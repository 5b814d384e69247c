-- ===== src/Risk/Killswitch/Snapshot.antt =====
-- The snapshot of risk/killswitch_controller.py. A label is written as its text; `sorted` lists the
-- labels of the set by their texts.
use squeeze_hunter.Prelude.{
  ◌≡◌, refl, Bool, true, false, ◌&&◌, Option, none, some, List, [], ◌∷◌, Outcome, ok, raised, keep,
  get_or, arith,
}
use squeeze_hunter.Broker.{Time}
use squeeze_hunter.Execution.Orders.Snapshot.{IsoFormat}
use squeeze_hunter.Risk.Killswitch.{KillReason}
use squeeze_hunter.Risk.Killswitch.Controller.{Controller, listed, prior_state}
use squeeze_hunter.Risk.Killswitch.Gauges.{listed_congr}

-- The keys of the dict, each absent or present; an absent reason or stamp is `None`.
pub record SnapshotDict (Stamp : Type 0) : Type 0 where
  pub active : Option Bool
  pub reason : Option KillReason
  pub first_tripped_at : Option Stamp
  pub active_reasons : Option (List KillReason)

-- Every label, by its text.
abbrev pub labels : List KillReason
labels =
    KillReason.broker_outage ∷ KillReason.cooldown ∷ KillReason.data_stale
    ∷ KillReason.gap_through_stop ∷ KillReason.monthly_drawdown ∷ KillReason.three_day_loss
    ∷ KillReason.unknown ∷ []

abbrev sorted : List KillReason → List KillReason
sorted set = keep (λ l. listed l set) labels

module _ {Stamp : Type 0} (iso : IsoFormat Stamp) where
  abbrev stamp_of : Option Time → Option Stamp
  stamp_of none = none
  stamp_of (some t) = some (iso.isoformat t)

  pub to_snapshot : Controller → SnapshotDict Stamp
  to_snapshot self = record {
    active = some self.active;
    reason = self.reason;
    first_tripped_at = stamp_of self.first_tripped_at;
    active_reasons = some (sorted self.active_reasons);
  }

  abbrev time_of : Option Stamp → Outcome (Option Time)
  time_of none = ok none
  time_of (some raw) = elim (iso.fromisoformat raw) [ ok t ↦ ok (some t) | raised e ↦ raised e ]

  -- A stamp that cannot be read raises after the switch and its reason have been taken over.
  pub restore : SnapshotDict Stamp → Controller → Outcome (Unit {0}) × Controller
  restore snap self =
      let begun = record self { active = get_or snap.active false; reason = snap.reason } in
      elim (time_of snap.first_tripped_at) [
        | raised e ↦ (raised e, begun)
        | ok t ↦ (
          ok tt,
          record begun { first_tripped_at = t; active_reasons = get_or snap.active_reasons [] },
        )
      ]

  time_of-stamp_of : (t : Option Time) → time_of (stamp_of t) ≡ ok t
  time_of-stamp_of none = refl
  time_of-stamp_of (some t) = ground (arith, iso.read_back t)

  listed-keep :
      (l : KillReason) (set all : List KillReason)
      → listed l (keep (λ r. listed r set) all) ≡ (listed l all && listed l set)
  listed-keep l set [] = refl
  listed-keep l set (r ∷ all) = ground (arith, listed-keep l set all, listed_congr l r set)

  listed-labels : (l : KillReason) → listed l labels ≡ true
  listed-labels KillReason.monthly_drawdown = refl
  listed-labels KillReason.three_day_loss = refl
  listed-labels KillReason.gap_through_stop = refl
  listed-labels KillReason.broker_outage = refl
  listed-labels KillReason.data_stale = refl
  listed-labels KillReason.cooldown = refl
  listed-labels KillReason.unknown = refl

  -- A controller that is written to a snapshot and restored, into whichever controller, raises
  -- nothing and gives back the switch, its reason and its first trip, and a set with the same labels.
  pub restore-to_snapshot :
      (c fresh : Controller)
      → let (r, c') = restore (to_snapshot c) fresh in
        (r ≡ ok tt)
        × (prior_state c' ≡ prior_state c)
        × ((l : KillReason) → listed l c'.active_reasons ≡ listed l c.active_reasons)
  unfolding restore to_snapshot
  restore-to_snapshot c fresh =
      rw (restore, time_of-stamp_of c.first_tripped_at)
        (refl, refl, λ l. ground (arith, listed-keep l c.active_reasons labels, listed-labels l))
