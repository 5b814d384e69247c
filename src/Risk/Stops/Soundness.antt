-- ===== src/Risk/Stops/Soundness.antt =====
-- The stop stack of risk/stops.py never raises on a priced position, and a lower price never
-- rescues one.
use squeeze_hunter.Prelude.{
  ◌≡◌, Bool, List, [], ◌∷◌, not, ◌&&◌, leb, true, ok, if◌then◌else◌, arith,
}
use squeeze_hunter.Prelude.Floats.{
  Floats, nought, ◌≼◌, ◌≺◌, IsOrdered, le_of_lt, lt_of_lt_of_le, pos-ne-zero,
}
use squeeze_hunter.Risk.Stops.{
  Action, StopReason, StopSignal, StopState, StopParams, price_triggered, signal, holding,
  trailing_for, decay_arm, time_arm, trailing_arm, evaluate_stops,
}

abbrev pub first_firing : List (Bool × StopSignal) → StopSignal
first_firing [] = holding
first_firing ((fires, s) ∷ arms) = if fires then s else first_firing arms

module _ {F : Type 0} ⦃f : Floats F⦄ (laws : IsOrdered F) where
  -- The stop stack as a table: whether each arm fires, in order of priority, and what it signals.
  abbrev pub stop_table : StopState F → F → StopParams F → List (Bool × StopSignal)
  stop_table st price p =
      let decay = f.quotient (f.sub st.entry_score st.current_score) st.entry_score in
      let scored = f.lt nought st.entry_score in
      (
        f.le (f.quotient (f.sub price st.entry_price) st.entry_price) p.hard_stop,
        signal Action.exit StopReason.hard_stop,
      )
      ∷ (
        f.lt st.entry_price st.peak_price
            && f.le (f.quotient (f.sub price st.peak_price) st.peak_price)
                (f.neg (trailing_for st.setup_type p)),
        signal Action.exit StopReason.trailing_stop,
      )
      ∷ (leb p.time_stop_bars st.bars_held, signal Action.exit StopReason.time_stop)
      ∷ (scored && f.le p.signal_decay_exit decay, signal Action.exit StopReason.signal_decay_75)
      ∷ (
        scored && (f.le p.signal_decay_halve decay && not st.halved),
        signal Action.halve StopReason.signal_decay_50,
      )
      ∷ []

  decay_arm_lem :
      (st : StopState F) (p : StopParams F)
      → decay_arm st p
        ≡ ok (
            if f.lt nought st.entry_score
              && f.le p.signal_decay_exit
                  (f.quotient (f.sub st.entry_score st.current_score) st.entry_score)
            then signal Action.exit StopReason.signal_decay_75
            else if f.lt nought st.entry_score
                && (f.le p.signal_decay_halve
                      (f.quotient (f.sub st.entry_score st.current_score) st.entry_score)
                    && not st.halved)
            then signal Action.halve StopReason.signal_decay_50
            else holding)
  unfolding decay_arm
  decay_arm_lem st p = ground (arith, pos-ne-zero laws st.entry_score)

  -- The evaluation by the table.
  pub evaluate_stops-eq-first :
      (st : StopState F) (price : F) (p : StopParams F)
      → nought ≺ st.entry_price
      → evaluate_stops st price p ≡ ok (first_firing (stop_table st price p))
  unfolding evaluate_stops trailing_arm time_arm
  evaluate_stops-eq-first st price p h = ground (
    arith,
    decay_arm_lem st p,
    pos-ne-zero laws st.entry_price h,
    pos-ne-zero laws st.peak_price,
    lt_of_lt_of_le laws nought st.entry_price st.peak_price h,
    le_of_lt laws st.entry_price st.peak_price,
  )

  -- The move from a reference price, for the lower of two prices.
  move_mono :
      (x y e : F)
      → x ≼ y
      → f.is_finite x ≡ true
      → f.is_finite y ≡ true
      → f.is_finite e ≡ true
      → nought ≺ e
      → f.quotient (f.sub x e) e ≼ f.quotient (f.sub y e) e
  move_mono x y e h fx fy fe pe =
      let nx = laws.sub-IsNumber x e fx fe in
      let ny = laws.sub-IsNumber y e fy fe in
      laws.quotient_mono (f.sub x e) (f.sub y e) e (laws.sub_mono x y e h nx ny) pe
        (laws.quotient-IsNumber (f.sub x e) e nx fe pe)
        (laws.quotient-IsNumber (f.sub y e) e ny fe pe)

  -- On a position with a positive entry price, all prices finite: if a price-triggered stop (hard or
  -- trailing) closes it at one price, then at any lower price too a price-triggered stop closes it.
  pub lower_price_exits :
      (st : StopState F) (low high : F) (p : StopParams F) (s : StopSignal)
      → nought ≺ st.entry_price
      → f.is_finite st.entry_price ≡ true
      → f.is_finite st.peak_price ≡ true
      → f.is_finite low ≡ true
      → f.is_finite high ≡ true
      → low ≼ high
      → evaluate_stops st high p ≡ ok s
      → price_triggered s ≡ true
      → (t : StopSignal) × (evaluate_stops st low p ≡ ok t)
        × (price_triggered t ≡ true)
        × (t.action ≡ Action.exit)
  lower_price_exits st low high p s pos fe fp fl fh h e trig =
      let entry_move = move_mono low high st.entry_price h fl fh fe pos in
      let peak_move = move_mono low high st.peak_price h fl fh fp in
      let entry_trans =
        laws.le_trans (f.quotient (f.sub low st.entry_price) st.entry_price)
          (f.quotient (f.sub high st.entry_price) st.entry_price) p.hard_stop entry_move in
      let peak_trans =
        laws.le_trans (f.quotient (f.sub low st.peak_price) st.peak_price)
          (f.quotient (f.sub high st.peak_price) st.peak_price)
          (f.neg (trailing_for st.setup_type p)) in
      let at_high = evaluate_stops-eq-first st high p pos in
      let above = lt_of_lt_of_le laws nought st.entry_price st.peak_price pos in
      let risen = le_of_lt laws st.entry_price st.peak_price in
      (
        first_firing (stop_table st low p),
        evaluate_stops-eq-first st low p pos,
        ground (arith, at_high, entry_trans, peak_trans, peak_move, above, risen),
        ground (arith, at_high, entry_trans, peak_trans, peak_move, above, risen),
      )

- - - -

» **PROBLEM**:
All lines from the first line of the listing above through the line containing "pub reason : Option KillReason" are to be retyped exactly. Leave out any other line.

» **SOLUTION**:
repository 5b814d384e69247c
-- ===== src/Risk/Killswitch/Snapshot.antt =====
-- The snapshot of risk/killswitch_controller.py. A label is written as its text; `sorted` lists the
-- labels of the set by their texts.
use squeeze_hunter.Prelude.{
  ◌≡◌, refl, Bool, true, false, ◌&&◌, Option, none, some, List, [], ◌∷◌, Outcome, ok, raised, keep,
  get_or, arith,
}
use squeeze_hunter.Broker.{Time}
use squeeze_hunter.Execution.Orders.Snapshot.{IsoFormat}
use squeeze_hunter.Risk.Killswitch.{KillReason}
use squeeze_hunter.Risk.Killswitch.Controller.{Controller, listed, prior_state}
use squeeze_hunter.Risk.Killswitch.Gauges.{listed_congr}

-- The keys of the dict, each absent or present; an absent reason or stamp is `None`.
pub record SnapshotDict (Stamp : Type 0) : Type 0 where
  pub active : Option Bool
  pub reason : Option KillReason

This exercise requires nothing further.